> [What you are asked to do]: Could you filter the listing for lines with the word "judged" and return them?

> [Task material]:
::::

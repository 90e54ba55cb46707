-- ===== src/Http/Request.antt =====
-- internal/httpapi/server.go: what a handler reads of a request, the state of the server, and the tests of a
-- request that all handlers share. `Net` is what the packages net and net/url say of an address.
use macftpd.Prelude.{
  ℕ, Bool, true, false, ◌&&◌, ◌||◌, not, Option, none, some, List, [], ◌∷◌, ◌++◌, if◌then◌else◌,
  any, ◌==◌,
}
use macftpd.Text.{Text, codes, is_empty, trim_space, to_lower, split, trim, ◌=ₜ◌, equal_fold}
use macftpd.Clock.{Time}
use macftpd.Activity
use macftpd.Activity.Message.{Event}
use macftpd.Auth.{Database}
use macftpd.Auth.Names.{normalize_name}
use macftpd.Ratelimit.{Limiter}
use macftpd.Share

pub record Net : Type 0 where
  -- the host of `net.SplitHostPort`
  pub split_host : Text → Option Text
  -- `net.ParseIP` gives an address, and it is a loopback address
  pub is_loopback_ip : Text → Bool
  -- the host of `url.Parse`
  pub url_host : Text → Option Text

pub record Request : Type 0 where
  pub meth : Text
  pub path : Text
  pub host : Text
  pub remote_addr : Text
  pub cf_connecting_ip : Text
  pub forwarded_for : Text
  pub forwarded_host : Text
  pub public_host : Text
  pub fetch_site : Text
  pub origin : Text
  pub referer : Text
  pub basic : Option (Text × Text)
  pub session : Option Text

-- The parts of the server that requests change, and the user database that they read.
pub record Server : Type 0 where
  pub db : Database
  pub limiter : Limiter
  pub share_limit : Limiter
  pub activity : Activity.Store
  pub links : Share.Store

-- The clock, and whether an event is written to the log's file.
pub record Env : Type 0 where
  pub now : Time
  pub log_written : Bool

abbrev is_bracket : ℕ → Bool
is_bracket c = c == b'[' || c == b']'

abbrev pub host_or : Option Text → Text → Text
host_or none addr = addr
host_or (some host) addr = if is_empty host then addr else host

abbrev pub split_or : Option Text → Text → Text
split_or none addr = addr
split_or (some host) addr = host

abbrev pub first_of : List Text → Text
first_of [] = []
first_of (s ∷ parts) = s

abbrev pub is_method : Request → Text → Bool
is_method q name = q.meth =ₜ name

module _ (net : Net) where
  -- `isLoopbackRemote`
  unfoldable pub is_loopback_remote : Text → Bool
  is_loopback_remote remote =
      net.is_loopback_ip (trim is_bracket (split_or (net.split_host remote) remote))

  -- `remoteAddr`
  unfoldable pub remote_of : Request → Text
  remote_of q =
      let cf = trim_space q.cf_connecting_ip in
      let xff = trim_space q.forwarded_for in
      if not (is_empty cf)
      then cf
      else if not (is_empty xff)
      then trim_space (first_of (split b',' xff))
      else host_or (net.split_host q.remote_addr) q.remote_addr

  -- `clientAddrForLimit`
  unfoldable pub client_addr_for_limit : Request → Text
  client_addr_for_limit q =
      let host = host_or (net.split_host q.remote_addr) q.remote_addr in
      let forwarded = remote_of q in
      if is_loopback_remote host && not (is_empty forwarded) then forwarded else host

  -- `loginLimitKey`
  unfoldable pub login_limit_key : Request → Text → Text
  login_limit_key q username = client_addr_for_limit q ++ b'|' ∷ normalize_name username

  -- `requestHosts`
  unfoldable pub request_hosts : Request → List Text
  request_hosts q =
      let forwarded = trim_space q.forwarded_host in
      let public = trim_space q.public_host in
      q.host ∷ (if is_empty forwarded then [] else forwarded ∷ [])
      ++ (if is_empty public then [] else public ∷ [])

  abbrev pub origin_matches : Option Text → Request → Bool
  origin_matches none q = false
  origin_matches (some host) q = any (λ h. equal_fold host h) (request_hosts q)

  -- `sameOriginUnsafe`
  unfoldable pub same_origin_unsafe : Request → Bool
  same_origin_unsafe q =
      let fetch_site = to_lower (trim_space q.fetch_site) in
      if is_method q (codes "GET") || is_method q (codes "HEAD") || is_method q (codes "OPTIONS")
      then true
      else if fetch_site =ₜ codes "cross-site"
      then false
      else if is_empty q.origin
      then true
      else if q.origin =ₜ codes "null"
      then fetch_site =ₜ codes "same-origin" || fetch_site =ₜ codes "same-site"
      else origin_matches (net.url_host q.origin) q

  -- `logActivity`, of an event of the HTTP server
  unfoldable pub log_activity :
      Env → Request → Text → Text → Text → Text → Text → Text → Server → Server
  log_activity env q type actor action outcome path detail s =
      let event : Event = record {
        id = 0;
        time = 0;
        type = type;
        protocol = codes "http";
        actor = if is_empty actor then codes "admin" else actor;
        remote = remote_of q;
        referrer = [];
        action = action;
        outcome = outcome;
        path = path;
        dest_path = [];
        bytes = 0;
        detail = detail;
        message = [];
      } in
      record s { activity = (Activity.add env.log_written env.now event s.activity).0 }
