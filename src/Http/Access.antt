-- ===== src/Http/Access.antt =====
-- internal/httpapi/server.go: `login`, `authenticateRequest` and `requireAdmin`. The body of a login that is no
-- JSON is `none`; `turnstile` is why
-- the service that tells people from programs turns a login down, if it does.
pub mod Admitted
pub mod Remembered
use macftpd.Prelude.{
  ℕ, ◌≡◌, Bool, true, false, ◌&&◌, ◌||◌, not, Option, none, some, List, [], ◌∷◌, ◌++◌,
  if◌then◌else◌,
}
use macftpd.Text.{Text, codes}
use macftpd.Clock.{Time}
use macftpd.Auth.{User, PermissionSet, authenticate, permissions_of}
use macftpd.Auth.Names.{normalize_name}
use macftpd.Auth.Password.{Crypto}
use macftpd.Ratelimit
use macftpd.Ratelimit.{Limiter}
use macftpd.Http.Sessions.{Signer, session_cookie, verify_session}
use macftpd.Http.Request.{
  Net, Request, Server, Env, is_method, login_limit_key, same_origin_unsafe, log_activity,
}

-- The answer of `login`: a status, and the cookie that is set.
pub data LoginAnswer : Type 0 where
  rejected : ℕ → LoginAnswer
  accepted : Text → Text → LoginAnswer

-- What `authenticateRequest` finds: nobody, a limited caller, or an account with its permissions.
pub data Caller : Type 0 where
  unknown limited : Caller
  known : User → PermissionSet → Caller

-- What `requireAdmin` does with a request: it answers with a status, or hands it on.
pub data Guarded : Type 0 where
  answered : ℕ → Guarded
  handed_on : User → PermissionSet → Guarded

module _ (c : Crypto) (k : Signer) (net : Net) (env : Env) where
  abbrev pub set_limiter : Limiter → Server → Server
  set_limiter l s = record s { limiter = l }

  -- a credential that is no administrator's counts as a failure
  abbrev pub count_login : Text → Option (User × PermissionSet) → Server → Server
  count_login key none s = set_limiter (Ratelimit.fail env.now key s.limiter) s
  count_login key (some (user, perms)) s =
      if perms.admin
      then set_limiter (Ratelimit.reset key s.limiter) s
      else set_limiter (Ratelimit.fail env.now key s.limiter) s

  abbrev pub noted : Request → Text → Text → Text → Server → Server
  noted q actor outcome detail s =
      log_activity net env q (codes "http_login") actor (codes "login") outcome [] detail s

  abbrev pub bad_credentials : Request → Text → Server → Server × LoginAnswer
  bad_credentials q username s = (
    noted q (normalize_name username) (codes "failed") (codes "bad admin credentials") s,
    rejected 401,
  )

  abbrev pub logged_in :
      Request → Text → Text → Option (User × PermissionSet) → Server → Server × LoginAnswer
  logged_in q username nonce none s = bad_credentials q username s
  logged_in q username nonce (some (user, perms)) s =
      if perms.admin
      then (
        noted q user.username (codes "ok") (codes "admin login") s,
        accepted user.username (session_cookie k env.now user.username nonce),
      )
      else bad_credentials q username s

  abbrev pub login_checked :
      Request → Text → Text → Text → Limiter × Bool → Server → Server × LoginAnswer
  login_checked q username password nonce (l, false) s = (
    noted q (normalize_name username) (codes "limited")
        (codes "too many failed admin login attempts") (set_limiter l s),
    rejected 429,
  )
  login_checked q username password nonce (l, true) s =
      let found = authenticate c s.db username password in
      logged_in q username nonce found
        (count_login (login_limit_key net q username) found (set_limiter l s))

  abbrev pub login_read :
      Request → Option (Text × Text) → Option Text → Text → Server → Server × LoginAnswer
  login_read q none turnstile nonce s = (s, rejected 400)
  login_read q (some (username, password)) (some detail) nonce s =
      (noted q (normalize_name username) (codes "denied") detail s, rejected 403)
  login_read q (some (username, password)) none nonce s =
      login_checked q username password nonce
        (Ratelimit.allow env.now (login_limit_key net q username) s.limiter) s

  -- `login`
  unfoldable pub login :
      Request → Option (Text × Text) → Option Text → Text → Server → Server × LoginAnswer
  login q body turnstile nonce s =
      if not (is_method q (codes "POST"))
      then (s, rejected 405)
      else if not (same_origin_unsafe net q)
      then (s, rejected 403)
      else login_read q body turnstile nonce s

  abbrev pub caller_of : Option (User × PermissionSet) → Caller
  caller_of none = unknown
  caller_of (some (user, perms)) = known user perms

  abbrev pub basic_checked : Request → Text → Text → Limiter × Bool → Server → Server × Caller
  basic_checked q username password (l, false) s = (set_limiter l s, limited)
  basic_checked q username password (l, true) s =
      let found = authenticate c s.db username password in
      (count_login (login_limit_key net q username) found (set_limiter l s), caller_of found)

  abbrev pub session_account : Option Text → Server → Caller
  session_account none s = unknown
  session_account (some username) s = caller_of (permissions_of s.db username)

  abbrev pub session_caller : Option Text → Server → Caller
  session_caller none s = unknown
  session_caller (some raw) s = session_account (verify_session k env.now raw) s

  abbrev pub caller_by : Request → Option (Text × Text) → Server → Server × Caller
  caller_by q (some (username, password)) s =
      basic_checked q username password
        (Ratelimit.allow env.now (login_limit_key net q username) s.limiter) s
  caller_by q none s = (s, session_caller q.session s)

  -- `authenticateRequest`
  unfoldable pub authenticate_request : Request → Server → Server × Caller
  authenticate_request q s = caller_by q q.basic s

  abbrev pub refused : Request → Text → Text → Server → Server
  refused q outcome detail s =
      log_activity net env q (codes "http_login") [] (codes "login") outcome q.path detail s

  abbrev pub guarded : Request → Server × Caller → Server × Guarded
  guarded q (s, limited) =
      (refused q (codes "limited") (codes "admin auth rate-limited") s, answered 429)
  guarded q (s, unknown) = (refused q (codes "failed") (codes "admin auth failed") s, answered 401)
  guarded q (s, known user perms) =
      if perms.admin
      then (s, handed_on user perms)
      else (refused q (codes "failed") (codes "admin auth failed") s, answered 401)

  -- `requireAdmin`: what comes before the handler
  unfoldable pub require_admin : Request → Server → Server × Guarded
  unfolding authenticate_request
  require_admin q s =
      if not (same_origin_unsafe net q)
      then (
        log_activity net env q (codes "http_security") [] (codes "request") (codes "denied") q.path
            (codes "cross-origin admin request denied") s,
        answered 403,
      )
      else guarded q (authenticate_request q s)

::::

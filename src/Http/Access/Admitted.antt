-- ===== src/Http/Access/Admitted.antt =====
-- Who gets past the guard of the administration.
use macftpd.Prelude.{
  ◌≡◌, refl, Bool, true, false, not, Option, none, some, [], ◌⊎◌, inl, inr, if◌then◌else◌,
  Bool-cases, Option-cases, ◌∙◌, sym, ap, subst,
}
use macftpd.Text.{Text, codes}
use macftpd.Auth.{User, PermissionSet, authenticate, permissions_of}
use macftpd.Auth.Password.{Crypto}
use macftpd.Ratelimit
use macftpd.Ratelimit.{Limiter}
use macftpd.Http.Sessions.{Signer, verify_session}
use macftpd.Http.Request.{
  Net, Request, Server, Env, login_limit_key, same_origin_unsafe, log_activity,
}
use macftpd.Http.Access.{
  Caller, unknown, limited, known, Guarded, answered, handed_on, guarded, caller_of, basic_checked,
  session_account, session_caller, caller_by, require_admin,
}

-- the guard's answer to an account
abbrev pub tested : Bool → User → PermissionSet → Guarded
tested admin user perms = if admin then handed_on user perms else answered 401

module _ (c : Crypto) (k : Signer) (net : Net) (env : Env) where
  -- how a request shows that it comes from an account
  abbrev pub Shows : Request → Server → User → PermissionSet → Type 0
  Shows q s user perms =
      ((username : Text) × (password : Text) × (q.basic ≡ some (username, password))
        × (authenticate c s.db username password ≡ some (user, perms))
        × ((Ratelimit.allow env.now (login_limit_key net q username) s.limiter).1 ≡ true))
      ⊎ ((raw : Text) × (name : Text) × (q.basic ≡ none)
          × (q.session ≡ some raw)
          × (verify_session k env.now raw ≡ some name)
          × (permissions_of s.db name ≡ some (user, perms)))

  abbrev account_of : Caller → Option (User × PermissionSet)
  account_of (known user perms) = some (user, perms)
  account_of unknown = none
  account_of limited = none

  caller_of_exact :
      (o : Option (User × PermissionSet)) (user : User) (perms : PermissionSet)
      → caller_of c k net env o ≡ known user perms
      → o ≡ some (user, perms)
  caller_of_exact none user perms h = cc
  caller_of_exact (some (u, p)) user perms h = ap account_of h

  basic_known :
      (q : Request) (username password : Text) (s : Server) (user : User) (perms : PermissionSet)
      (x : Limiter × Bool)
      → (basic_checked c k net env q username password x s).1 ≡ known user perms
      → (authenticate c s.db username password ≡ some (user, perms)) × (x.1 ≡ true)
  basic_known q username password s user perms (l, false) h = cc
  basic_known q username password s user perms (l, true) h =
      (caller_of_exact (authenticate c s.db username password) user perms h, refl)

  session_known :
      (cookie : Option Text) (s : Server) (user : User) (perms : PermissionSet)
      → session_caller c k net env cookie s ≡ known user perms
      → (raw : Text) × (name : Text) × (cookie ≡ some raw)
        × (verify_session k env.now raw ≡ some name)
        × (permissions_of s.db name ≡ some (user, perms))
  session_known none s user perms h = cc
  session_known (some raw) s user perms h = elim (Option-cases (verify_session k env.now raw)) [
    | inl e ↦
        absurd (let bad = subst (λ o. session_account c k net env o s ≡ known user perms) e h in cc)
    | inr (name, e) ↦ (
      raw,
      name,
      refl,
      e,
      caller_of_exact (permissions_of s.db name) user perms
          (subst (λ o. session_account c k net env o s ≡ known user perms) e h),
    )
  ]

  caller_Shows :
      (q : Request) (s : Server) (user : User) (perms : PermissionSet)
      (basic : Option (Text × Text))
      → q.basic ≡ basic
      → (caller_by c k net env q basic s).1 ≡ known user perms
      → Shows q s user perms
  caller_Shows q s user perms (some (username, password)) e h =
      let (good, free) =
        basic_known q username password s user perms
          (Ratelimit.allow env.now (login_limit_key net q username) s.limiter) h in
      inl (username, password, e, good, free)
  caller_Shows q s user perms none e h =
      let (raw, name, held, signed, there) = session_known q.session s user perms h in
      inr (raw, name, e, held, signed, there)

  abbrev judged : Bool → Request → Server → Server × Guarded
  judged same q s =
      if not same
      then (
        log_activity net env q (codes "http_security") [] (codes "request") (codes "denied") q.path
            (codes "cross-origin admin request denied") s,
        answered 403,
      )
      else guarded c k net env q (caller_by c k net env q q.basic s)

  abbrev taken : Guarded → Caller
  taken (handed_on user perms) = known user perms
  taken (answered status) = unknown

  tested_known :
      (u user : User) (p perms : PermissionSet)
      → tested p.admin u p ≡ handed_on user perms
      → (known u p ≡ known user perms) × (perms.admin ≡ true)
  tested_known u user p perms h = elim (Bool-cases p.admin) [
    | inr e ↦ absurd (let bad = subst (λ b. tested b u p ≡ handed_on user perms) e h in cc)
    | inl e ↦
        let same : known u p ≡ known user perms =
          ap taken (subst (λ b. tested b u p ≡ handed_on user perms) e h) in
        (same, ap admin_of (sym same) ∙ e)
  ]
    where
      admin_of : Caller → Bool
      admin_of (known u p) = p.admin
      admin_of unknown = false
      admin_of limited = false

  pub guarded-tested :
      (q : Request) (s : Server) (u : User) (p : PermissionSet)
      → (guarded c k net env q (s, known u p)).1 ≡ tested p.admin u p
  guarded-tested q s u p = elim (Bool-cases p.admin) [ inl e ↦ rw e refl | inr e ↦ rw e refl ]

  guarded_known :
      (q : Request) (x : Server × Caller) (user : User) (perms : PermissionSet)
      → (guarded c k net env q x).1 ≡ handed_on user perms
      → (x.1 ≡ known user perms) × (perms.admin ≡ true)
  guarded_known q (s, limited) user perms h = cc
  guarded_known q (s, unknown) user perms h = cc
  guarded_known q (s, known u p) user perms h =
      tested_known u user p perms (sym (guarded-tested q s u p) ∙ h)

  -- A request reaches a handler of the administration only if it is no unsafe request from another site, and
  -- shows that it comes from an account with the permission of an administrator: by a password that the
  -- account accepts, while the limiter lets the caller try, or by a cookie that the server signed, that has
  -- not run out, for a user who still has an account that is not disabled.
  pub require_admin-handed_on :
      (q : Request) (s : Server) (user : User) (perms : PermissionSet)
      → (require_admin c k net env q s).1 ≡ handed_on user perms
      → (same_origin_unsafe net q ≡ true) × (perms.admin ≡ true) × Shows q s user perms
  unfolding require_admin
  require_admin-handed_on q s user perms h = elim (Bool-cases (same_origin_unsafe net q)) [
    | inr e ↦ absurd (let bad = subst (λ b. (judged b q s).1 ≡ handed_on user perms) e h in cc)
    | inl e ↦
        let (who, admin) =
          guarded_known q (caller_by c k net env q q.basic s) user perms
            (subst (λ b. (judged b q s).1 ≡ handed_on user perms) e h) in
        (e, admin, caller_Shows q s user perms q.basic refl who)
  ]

::::

> [Completed task]:
  abbrev judged : Bool → Request → Server → Server × Guarded
  judged same q s =
    | inr e ↦ absurd (let bad = subst (λ b. (judged b q s).1 ≡ handed_on user perms) e h in cc)
            (subst (λ b. (judged b q s).1 ≡ handed_on user perms) e h) in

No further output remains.